**Your assignment:**
"true" is the word to look for; say how many lines of the listing below contain it, and nothing else.

========================================================================

-- ===== src/Planning/Reservation/Priority.antt =====
-- `higher_priority`, `overlaps` and `reservation_order` of planning/src/planner.cpp as relations.
use sentinel_public.Prelude.{◌≡◌, true, false, arith}
use sentinel_public.Prelude.Text.{
  text_eq_sound, text_eq_comm, text_eq_refl, text_lt_asymm, text_lt_strict, text_lt_irrefl,
}
use sentinel_public.Prelude.Order.{
  StrictOrder, tie-StrictOrder, by-StrictOrder, ltb-StrictOrder, text_lt-StrictOrder,
}
use sentinel_public.Planning.Reservation.{
  Reservation, overlaps, higher_priority, reservation_order, same_reservation,
}

pub overlaps_comm : (a b : Reservation) → overlaps a b ≡ overlaps b a
unfolding overlaps
overlaps_comm a b = ground (arith, text_eq_comm a.resource_id b.resource_id)

-- No reservation wins against itself.
pub higher_priority_irrefl : (a : Reservation) → higher_priority a a ≡ false
unfolding higher_priority
higher_priority_irrefl a = ground (arith, text_eq_refl a.agent_id)

pub higher_priority_asymm :
    (a b : Reservation) → higher_priority a b ≡ true → higher_priority b a ≡ false
unfolding higher_priority
higher_priority_asymm a b h =
    ground (arith, text_eq_comm a.agent_id b.agent_id, text_lt_asymm a.agent_id b.agent_id)

-- Priority is transitive.
pub higher_priority_trans :
    (a b c : Reservation)
    → higher_priority a b ≡ true
    → higher_priority b c ≡ true
    → higher_priority a c ≡ true
unfolding higher_priority
higher_priority_trans a b c h k = ground (
  arith,
  text_eq_sound a.agent_id b.agent_id,
  text_eq_sound b.agent_id c.agent_id,
  text_eq_sound a.agent_id c.agent_id,
  text_lt_strict a.agent_id b.agent_id c.agent_id,
  text_lt_irrefl a.agent_id,
  text_lt_irrefl c.agent_id,
  text_lt_asymm a.agent_id b.agent_id,
  text_eq_refl c.agent_id,
  text_eq_refl a.agent_id,
)

pub reservation_order-StrictOrder : StrictOrder reservation_order
unfolding reservation_order
reservation_order-StrictOrder = tie-StrictOrder _ _ (by-StrictOrder _ _ text_lt-StrictOrder) (
    tie-StrictOrder _ _ (by-StrictOrder _ _ ltb-StrictOrder) (
      tie-StrictOrder _ _ (by-StrictOrder _ _ ltb-StrictOrder) (
        tie-StrictOrder _ _ (by-StrictOrder _ _ text_lt-StrictOrder) (
          tie-StrictOrder _ _ (by-StrictOrder _ _ ltb-StrictOrder) (
            tie-StrictOrder _ _ (by-StrictOrder _ _ ltb-StrictOrder)
              (by-StrictOrder _ _ ltb-StrictOrder))))))

pub same_reservation_refl : (a : Reservation) → same_reservation a a ≡ true
unfolding same_reservation
same_reservation_refl a = ground (arith, text_eq_refl a.agent_id, text_eq_refl a.resource_id)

========================================================================

**Response area:**
6